By combining electronic health record data from primary care clinics with patient addresses and socioeconomic data for particular areas, the researchers found an association between socioeconomic status and levels of HbA1c--a measure of long term blood sugar control--but did not find one between socioeconomic status and LDL cholesterol control.
[Can wearable devices equipped with sensors and Web connections help consumers track health and fitness? Read 10 Wearable Devices To Keep Patients Healthy. ]
Loma Linda University Medical Center in southern California is also exploring the uses of geo-medicine, according to an article in The Atlantic Cities. Dora Borilla, an assistant professor at Loma Linda's School of Public Health, said her team is geo-coding patient addresses for use with GIS software so that they can show how "where you work and play impacts your health." She views this as a step toward improving the health of the population that her hospital serves.
Bill Davenhall, a healthcare manager at Esri, told The Atlantic Cities that consumers can use GIS mapping to correlate their health conditions to environmental factors in the areas where they now live or where they grew up. His company offers a free iPhone app (soon to be available for Android phones) that enables individuals to link public health information to their environmental experience. Called My Place History, the app uses datasets from the Dartmouth Atlas of Health Care, the Environmental Protection Agency, and the National Library of Medicine.
Estella Geraghty, MD, lead author of the outcomes disparities article and an assistant professor of clinical internal medicine at UC Davis, told InformationWeek Healthcare that she sees growing interest in GIS in healthcare and attributes this change largely to the rise of mobile phone apps.
"Nearly everybody with a smartphone has some application that involves geography.

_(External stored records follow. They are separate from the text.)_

-- ===== src/Hub/Control.antt =====
-- The commands of hub-esp32/hub-esp32.ino, from the console and from the server: `runCommand`,
-- `processByteFromComputer` and `handleIncomingMessage`. A call of sendStatus, sendDeviceInfo or
-- sendSensorValues is an event here.
pub mod Reach
pub mod Console
mod Tests
use sensaurus.Prelude.{
  ℕ, ◌+◌, ◌-◌, ◌*◌, ◌^◌, Bool, true, false, not, ◌&&◌, ◌||◌, List, [], ◌∷◌, ◌++◌, Option, none,
  some, set, get_or, get_elem?, take, drop, replicate, length, ltb, leb, ◌==◌, if◌then◌else◌, Text,
  codes, u32,
}
use sensaurus.CText.{c_str, text_eq}
use sensaurus.CText.Number.{Printer}
use sensaurus.CheckStream.{write_all, crlf}
use sensaurus.Config.{Config}
use sensaurus.Hub.Network.{Network}
use sensaurus.ProcessingQueue.{
  QueueItem, request_mqtt_publish_status, request_actuator_set, status_item, Fifo, try_push,
}
use sensaurus.Hub.{
  Hub, Event, console, send_device_info, dump_config, log_level_set, wifi_begin, start_ble, emit,
}

abbrev pub console_message_buf_len : ℕ
console_message_buf_len = 40

-- The globals beside those of `Hub`. Times are in milliseconds, as `millis` returns them, a 32-bit
-- number; `ble_mode` is the bit pattern of an `int`; `eeprom` is the configuration that the EEPROM holds.
pub record Control (Float Queue : Type 0) : Type 0 where
  pub hub : Hub Float
  pub eeprom : Config
  pub network : Network
  pub queue : Queue
  pub console_message : List ℕ
  pub console_message_index : ℕ
  pub poll_interval : ℕ
  pub last_poll_time : ℕ
  pub send_interval : ℕ
  pub last_send_time : ℕ
  pub last_epoch_seconds : ℕ
  pub last_time_update : ℕ
  pub last_memory_display : ℕ
  pub config_mode : Bool
  pub mqtt_in_count : ℕ
  pub ble_mode : ℕ
  pub sw_reboot : ℕ

-- What ArduinoJson returns for the members that a command reads: an `int` as its bit pattern, the
-- interval as `round` gives its milliseconds, 0 for a member that is not there.
pub record Doc : Type 0 where
  pub console_enabled : ℕ
  pub log_level : ℕ
  pub poll_seconds : ℕ
  pub send_millis : ℕ
  pub url : Text

-- The empty document.
abbrev pub no_doc : Doc
no_doc = record { console_enabled = 0; log_level = 0; poll_seconds = 0; send_millis = 0; url = [] }

-- What differs between the builds, at this time: `doPolling`, what is done behind a message to a
-- device, which with USE_SWSERIAL is nothing, and `updateActuators` with the document that a text
-- holds.
pub record Build (Float : Type 0) : Type 0 where
  pub do_polling : Hub Float → Option (Hub Float)
  pub after_message : Hub Float → ℕ → Option (Hub Float)
  pub actuate : Hub Float → Text → Option (Hub Float)

pub data Command : Type 0 where
  poll dump save_settings show_saved wifi_restart start_sending ble_now req_status : Command
  req_devices set_console set_log set_poll set_send update_firmware : Command
  to_device : ℕ → Text → Command
  ble_start ble_exit unknown : Command

-- Which branch of `runCommand` a command takes: its name is compared in this order. A message to a
-- device starts with a character and ">".
unfoldable pub command_of : Text → Command
command_of c =
    if text_eq c (codes "p")
    then poll
    else if text_eq c (codes "d")
    then dump
    else if text_eq c (codes "w")
    then save_settings
    else if text_eq c (codes "r")
    then show_saved
    else if text_eq c (codes "wifi_begin")
    then wifi_restart
    else if text_eq c (codes "s")
    then start_sending
    else if text_eq c (codes "start_ble")
    then ble_now
    else if text_eq c (codes "req_status")
    then req_status
    else if text_eq c (codes "req_devices")
    then req_devices
    else if text_eq c (codes "set_console_enabled")
    then set_console
    else if text_eq c (codes "set_log_level")
    then set_log
    else if text_eq c (codes "set_poll_interval")
    then set_poll
    else if text_eq c (codes "set_send_interval")
    then set_send
    else if text_eq c (codes "update_firmware")
    then update_firmware
    else if not (get_or c 0 0 == 0) && get_or c 1 0 == b'>'
    then to_device (get_or c 0 0) (drop 2 c)
    else if text_eq c (codes "bleStart")
    then ble_start
    else if text_eq c (codes "bleExit")
    then ble_exit
    else unknown

-- A 32-bit `int`, by its bit pattern, is less than 0.
abbrev pub is_negative : ℕ → Bool
is_negative n = leb (2 ^ 31) n

-- The level that `set_log_level` sets, within ESP_LOG_NONE and ESP_LOG_VERBOSE.
unfoldable pub clip_level : ℕ → ℕ
clip_level n = if ltb 5 n && not (is_negative n) then 5 else if is_negative n then 0 else n

-- The interval that `set_poll_interval` sets, from seconds; the product wraps.
unfoldable pub poll_interval_of : ℕ → ℕ
poll_interval_of seconds =
    let n = u32 (seconds * 1000) in if ltb n 500 || is_negative n then 500 else n

-- Text on the console, as `Serial.println` ends it.
abbrev pub say : Text → Event
say text = console (text ++ crlf)

abbrev pub tell : {Float Queue : Type 0} → Control Float Queue → List Event → Control Float Queue
tell s es = record s { hub = emit s.hub es }

module _ {Float : Type 0} (f : Fifo QueueItem) (p : Printer) (dec : ℕ → Text) where
  open f use {Queue}

  -- The console says what is sent to a device, if it is enabled; the message goes out with its
  -- checksum. A device that there is no stream for is written to outside the array.
  unfoldable pub message_device :
      Build Float → Control Float Queue → ℕ → Text → Option (Control Float Queue)
  unfolding emit
  message_device build s first text =
      let i = first - b'0' in
      let s' =
        if s.hub.config.console_enabled
        then tell s
            (say (codes "sending message to device " ++ (dec i ++ (codes ": " ++ text))) ∷ [])
        else s in
      if ltb first b'0' then none else elim (get_elem? s'.hub.dev_stream i) [
        | none ↦ none
        | some out ↦
            let sent = write_all p false out (text ++ crlf) in
            elim (build.after_message (record s'.hub { dev_stream = set s'.hub.dev_stream i sent })
              i) [ none ↦ none | some hub ↦ some (record s' { hub = hub }) ]
      ]

  -- `runCommand`, once the branch is known. `set_poll` and `set_send` change the intervals.
  unfoldable pub run :
      Build Float → Control Float Queue → Command → Doc → Option (Control Float Queue)
  unfolding emit clip_level poll_interval_of try_push message_device
  run build s poll doc =
      let told = tell s (say (codes "polling") ∷ []) in
      elim (build.do_polling told.hub) [ none ↦ none | some hub ↦ some (record told { hub = hub }) ]
  run build s dump doc =
      some (tell s (say (codes "settings currently effective:") ∷ dump_config s.hub.config ∷ []))
  run build s save_settings doc = some (
      tell (record s { eeprom = s.hub.config })
        (say (codes "settings have been saved to EEPROM:") ∷ dump_config s.hub.config ∷ []))
  run build s show_saved doc =
      some (tell s (say (codes "settings currently in EEPROM:") ∷ dump_config s.eeprom ∷ []))
  run build s wifi_restart doc = some (tell s (wifi_begin ∷ []))
  run build s start_sending doc = some (record s { poll_interval = 1000; send_interval = 1000 })
  run build s ble_now doc = some (tell s (start_ble ∷ []))
  run build s req_status doc =
      some (record s { queue = (try_push f s.queue (status_item request_mqtt_publish_status)).1 })
  run build s req_devices doc = some (tell s (send_device_info ∷ []))
  run build s set_console doc = some (record s {
    hub = record s.hub {
      config = record s.hub.config { console_enabled = not (doc.console_enabled == 0) };
    };
  })
  run build s set_log doc = some (tell s (log_level_set (clip_level doc.log_level) ∷ []))
  run build s set_poll doc = some (record s { poll_interval = poll_interval_of doc.poll_seconds })
  run build s set_send doc = some (record s {
    send_interval = doc.send_millis;
    poll_interval = if ltb doc.send_millis 1000 then 500 else 1000;
  })
  run build s update_firmware doc =
      some (tell s (say (codes "updating firmware: " ++ doc.url) ∷ []))
  run build s (to_device first text) doc = message_device build s first text
  run build s ble_start doc = some (record s { ble_mode = u32 (s.ble_mode + 1); sw_reboot = 2 })
  run build s ble_exit doc = some (record s { ble_mode = 0; sw_reboot = 1 })
  run build s unknown doc = some s

  -- `runCommand`.
  unfoldable pub run_command :
      Build Float → Control Float Queue → Text → Doc → Option (Control Float Queue)
  unfolding run
  run_command build s command doc = run build s (command_of command) doc

  -- `processByteFromComputer`.
  unfoldable pub process_byte_from_computer :
      Build Float → Control Float Queue → ℕ → Option (Control Float Queue)
  unfolding run_command
  process_byte_from_computer build s c =
      if c == 10 || c == 13
      then (if s.console_message_index == 0
          then some s
          else (let message = set s.console_message s.console_message_index 0 in
              elim (run_command build (record s { console_message = message }) (c_str message)
                no_doc) [ none ↦ none | some s' ↦ some (record s' { console_message_index = 0 }) ]))
      else some (
          if ltb s.console_message_index (console_message_buf_len - 1)
          then record s {
            console_message = set s.console_message s.console_message_index c;
            console_message_index = s.console_message_index + 1;
          }
          else s)

  -- The bytes from the computer, one after another.
  unfoldable pub type_bytes :
      Build Float → Control Float Queue → List ℕ → Option (Control Float Queue)
  type_bytes build s [] = some s
  type_bytes build s (c ∷ cs) = elim (process_byte_from_computer build s c) [
    | none ↦ none
    | some s' ↦ type_bytes build s' cs
  ]

  -- `handleIncomingMessage`; `read` is what deserializeJson makes of a text: the command, if the
  -- document has one, and the members that commands read.
  unfoldable pub handle_incoming_message :
      Build Float
      → (Text → Option Text × Doc)
      → Control Float Queue
      → List ℕ
      → Option (Control Float Queue)
  unfolding run_command try_push
  handle_incoming_message build read s payload =
      let saved = c_str payload in
      let (command, doc) = read saved in
      let handled : Option (Control Float Queue) = elim command [
        | some name ↦ run_command build s name doc
        | none ↦ some (record s {
          queue =
              (try_push f s.queue
                (record { request_type = request_actuator_set; payload = saved })).1;
        })
      ] in
      elim handled [
        | none ↦ none
        | some s' ↦ some (record s' { mqtt_in_count = s'.mqtt_in_count + 1 })
      ]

So there's an increasing awareness of the importance of geography," she said.
However Geraghty reserves the term "geo-medicine" for applications that clinicians can use at the point of care. "The patient is in the office, and the doctor is going to make a recommendation or provide resources based on where that patient lives."
Geo-medicine might even become part of the visit summary that many doctors with EHRs print out for patients before they leave the office. If a patient were obese, a medical practice could program its EHR to print out "resources for obesity" along with the summary. Among those resources, suggests Geraghty: "All the Jenny Craigs or Weight Watchers and Nutrisystems and safe places to walk in that person's community."
However, "we have to think carefully about the kinds of things we design that people can act upon. That's the biggest challenge--making it clearly relevant," Geraghty cautioned. For instance, she noted, it doesn't make sense to look at a patient's geographical exposures to substances that might cause lung cancer, because there are no screening tests for lung cancer.
Geraghty acknowledges that GIS is still more relevant to public health than to clinical practice. "It really has been useful in public health. It's a great tool for [disease] surveillance and for understanding the epidemiology of illness or environmental exposures. But the challenge is to use some of that data in the healthcare arena--and I think there are ways to do it."